§ **DATA FOR THIS TASK**:
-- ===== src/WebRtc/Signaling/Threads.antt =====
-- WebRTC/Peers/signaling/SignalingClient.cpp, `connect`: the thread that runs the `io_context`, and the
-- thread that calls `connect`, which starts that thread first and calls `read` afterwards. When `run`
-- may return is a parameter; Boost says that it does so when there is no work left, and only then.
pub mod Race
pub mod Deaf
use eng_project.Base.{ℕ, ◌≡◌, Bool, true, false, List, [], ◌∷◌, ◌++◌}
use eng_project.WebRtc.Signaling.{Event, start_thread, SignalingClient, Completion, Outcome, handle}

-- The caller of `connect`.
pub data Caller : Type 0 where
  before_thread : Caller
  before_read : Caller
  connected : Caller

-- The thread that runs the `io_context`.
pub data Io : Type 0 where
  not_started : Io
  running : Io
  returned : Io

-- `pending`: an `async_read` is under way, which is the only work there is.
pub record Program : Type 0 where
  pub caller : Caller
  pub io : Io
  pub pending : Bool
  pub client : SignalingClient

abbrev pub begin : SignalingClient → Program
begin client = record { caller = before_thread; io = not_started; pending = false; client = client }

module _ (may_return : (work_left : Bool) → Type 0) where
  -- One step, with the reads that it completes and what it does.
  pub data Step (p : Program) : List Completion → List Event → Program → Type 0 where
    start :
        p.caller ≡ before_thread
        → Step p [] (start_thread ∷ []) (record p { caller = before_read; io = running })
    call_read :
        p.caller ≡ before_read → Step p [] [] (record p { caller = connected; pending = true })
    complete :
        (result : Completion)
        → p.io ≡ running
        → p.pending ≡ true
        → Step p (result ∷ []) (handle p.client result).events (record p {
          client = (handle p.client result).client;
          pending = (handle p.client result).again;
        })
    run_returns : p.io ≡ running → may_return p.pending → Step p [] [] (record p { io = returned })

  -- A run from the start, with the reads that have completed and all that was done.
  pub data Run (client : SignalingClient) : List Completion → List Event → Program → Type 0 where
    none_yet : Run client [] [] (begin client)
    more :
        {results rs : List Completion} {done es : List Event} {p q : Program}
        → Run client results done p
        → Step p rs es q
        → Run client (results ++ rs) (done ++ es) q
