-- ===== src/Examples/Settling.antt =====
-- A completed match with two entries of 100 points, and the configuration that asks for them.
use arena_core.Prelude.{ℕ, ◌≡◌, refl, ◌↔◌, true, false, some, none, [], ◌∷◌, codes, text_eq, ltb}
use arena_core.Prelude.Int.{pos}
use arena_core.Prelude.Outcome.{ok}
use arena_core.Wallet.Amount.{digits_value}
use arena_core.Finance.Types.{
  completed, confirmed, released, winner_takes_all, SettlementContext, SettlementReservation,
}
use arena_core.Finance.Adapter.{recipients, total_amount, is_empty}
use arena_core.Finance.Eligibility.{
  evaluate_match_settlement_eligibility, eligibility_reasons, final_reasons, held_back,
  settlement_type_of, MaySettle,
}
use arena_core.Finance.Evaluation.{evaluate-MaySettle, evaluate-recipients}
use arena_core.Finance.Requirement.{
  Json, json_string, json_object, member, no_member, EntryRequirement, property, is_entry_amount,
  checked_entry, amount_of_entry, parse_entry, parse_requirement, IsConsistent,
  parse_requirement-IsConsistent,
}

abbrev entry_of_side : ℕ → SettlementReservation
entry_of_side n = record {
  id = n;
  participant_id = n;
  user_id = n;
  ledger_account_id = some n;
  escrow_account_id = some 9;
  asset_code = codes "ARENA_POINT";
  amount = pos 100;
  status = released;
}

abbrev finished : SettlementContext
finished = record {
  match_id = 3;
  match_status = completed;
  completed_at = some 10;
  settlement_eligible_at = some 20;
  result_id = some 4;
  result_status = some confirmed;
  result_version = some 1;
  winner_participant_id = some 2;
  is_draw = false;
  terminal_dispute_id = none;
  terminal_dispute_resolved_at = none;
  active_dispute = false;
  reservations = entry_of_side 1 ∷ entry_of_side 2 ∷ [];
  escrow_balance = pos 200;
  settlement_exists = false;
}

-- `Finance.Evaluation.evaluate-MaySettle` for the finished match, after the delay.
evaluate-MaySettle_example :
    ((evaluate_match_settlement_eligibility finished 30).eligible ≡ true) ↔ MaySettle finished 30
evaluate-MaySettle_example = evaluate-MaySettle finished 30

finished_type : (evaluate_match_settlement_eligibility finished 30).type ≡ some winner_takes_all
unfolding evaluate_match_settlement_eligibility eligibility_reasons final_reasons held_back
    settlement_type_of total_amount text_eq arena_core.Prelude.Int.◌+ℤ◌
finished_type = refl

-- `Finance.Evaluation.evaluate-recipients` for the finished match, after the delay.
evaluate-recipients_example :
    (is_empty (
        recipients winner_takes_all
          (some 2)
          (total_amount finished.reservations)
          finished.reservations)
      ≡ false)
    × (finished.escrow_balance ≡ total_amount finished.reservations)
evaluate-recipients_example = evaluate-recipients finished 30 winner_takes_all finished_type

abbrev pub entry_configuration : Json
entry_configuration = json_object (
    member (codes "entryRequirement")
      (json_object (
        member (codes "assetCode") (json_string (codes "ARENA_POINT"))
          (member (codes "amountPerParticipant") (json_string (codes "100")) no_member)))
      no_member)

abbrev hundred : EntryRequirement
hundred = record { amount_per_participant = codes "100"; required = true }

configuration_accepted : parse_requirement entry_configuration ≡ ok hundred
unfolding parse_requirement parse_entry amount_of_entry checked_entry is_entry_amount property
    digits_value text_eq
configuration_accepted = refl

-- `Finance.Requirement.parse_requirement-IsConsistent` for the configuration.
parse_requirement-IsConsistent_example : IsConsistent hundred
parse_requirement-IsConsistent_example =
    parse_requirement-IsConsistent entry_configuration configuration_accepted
---
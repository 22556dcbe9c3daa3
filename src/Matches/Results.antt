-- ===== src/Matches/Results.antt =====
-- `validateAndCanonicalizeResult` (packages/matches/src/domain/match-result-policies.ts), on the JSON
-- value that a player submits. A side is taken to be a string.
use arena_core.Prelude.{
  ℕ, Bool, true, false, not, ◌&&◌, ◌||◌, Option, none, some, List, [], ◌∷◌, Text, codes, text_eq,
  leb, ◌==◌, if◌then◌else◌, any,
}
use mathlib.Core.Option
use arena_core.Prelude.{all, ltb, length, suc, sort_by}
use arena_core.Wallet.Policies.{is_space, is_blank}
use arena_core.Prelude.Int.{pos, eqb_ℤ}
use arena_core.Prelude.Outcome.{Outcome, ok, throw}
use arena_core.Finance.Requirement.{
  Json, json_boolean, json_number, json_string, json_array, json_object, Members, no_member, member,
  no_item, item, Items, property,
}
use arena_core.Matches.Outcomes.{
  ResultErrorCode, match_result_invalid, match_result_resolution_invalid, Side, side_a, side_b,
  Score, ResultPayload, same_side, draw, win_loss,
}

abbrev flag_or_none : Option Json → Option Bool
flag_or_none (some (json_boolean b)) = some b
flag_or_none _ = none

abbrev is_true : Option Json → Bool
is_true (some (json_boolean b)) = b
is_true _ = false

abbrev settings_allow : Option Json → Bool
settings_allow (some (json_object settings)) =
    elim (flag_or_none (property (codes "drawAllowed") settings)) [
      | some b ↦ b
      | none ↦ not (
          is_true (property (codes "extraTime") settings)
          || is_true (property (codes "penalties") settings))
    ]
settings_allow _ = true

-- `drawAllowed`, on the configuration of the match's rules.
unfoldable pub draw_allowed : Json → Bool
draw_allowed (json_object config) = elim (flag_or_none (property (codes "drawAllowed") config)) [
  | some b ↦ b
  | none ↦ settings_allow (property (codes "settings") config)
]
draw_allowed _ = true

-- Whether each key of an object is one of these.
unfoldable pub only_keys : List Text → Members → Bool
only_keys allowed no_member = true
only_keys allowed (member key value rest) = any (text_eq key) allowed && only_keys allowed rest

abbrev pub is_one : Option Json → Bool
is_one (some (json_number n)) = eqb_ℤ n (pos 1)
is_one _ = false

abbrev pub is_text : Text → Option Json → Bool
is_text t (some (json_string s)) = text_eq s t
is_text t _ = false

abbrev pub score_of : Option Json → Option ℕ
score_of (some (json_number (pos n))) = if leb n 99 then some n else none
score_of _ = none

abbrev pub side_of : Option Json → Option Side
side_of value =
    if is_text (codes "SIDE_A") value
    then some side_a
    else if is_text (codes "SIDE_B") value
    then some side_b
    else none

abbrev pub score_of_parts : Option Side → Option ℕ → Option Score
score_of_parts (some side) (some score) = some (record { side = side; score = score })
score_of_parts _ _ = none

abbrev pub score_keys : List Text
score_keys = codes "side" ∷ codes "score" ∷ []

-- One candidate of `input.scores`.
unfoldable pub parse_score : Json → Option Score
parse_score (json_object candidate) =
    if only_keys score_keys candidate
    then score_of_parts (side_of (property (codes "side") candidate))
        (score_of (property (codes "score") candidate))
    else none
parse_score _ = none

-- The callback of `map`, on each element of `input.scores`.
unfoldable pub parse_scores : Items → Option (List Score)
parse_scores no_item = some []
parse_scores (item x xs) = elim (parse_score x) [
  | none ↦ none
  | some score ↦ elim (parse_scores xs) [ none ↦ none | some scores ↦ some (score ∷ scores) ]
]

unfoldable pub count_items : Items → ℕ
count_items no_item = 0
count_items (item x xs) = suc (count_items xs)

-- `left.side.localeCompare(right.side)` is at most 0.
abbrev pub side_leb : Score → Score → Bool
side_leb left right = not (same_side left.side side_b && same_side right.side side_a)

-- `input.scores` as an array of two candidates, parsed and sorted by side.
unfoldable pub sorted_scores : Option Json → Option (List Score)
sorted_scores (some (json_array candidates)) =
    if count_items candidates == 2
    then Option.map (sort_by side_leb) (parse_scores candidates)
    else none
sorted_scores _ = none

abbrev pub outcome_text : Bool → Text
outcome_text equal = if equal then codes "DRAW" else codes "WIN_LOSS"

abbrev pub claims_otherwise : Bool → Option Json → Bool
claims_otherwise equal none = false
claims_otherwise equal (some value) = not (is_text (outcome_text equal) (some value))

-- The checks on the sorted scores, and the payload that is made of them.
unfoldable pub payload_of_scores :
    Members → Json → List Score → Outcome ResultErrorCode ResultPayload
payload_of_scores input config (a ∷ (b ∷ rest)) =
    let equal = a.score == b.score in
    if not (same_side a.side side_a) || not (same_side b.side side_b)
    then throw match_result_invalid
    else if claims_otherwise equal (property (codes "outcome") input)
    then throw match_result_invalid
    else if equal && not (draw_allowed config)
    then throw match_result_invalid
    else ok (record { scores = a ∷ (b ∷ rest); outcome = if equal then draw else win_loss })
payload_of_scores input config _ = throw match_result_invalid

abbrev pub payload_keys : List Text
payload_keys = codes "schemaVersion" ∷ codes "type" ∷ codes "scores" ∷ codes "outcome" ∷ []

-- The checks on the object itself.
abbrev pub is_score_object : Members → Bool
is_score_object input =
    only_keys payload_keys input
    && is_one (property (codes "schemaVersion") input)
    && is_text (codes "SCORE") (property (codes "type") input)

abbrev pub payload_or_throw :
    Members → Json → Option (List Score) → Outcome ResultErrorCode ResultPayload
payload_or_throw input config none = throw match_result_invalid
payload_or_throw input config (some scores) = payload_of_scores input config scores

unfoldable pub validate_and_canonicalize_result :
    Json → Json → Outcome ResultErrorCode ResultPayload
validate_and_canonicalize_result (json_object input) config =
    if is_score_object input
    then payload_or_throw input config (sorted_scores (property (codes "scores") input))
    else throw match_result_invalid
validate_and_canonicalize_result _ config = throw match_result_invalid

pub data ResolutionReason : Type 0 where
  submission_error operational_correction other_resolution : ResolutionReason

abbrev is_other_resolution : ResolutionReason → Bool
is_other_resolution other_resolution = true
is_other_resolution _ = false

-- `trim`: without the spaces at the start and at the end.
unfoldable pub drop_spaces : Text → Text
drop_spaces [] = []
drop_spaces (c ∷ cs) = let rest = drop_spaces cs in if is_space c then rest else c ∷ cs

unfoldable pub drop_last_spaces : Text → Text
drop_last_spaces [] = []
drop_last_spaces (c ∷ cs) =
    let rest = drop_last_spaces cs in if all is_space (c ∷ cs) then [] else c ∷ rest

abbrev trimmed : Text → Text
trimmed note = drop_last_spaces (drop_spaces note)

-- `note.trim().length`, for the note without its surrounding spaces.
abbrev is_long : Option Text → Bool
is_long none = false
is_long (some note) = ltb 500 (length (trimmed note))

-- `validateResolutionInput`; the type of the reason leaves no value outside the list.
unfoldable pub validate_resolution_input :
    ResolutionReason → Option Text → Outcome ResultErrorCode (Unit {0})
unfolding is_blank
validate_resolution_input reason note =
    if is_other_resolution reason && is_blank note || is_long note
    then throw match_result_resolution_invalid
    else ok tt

§ **EXERCISE DIRECTIONS**: Please give back, exactly as it stands above, the stretch from the line with "-- ===== src/WebRtc/Signaling/Threads.antt" through the line with "-- thread that", and no line outside it.

§ **EXERCISE ANSWER**:
-- ===== src/WebRtc/Signaling/Threads.antt =====
-- WebRTC/Peers/signaling/SignalingClient.cpp, `connect`: the thread that runs the `io_context`, and the
-- thread that calls `connect`, which starts that thread first and calls `read` afterwards. When `run`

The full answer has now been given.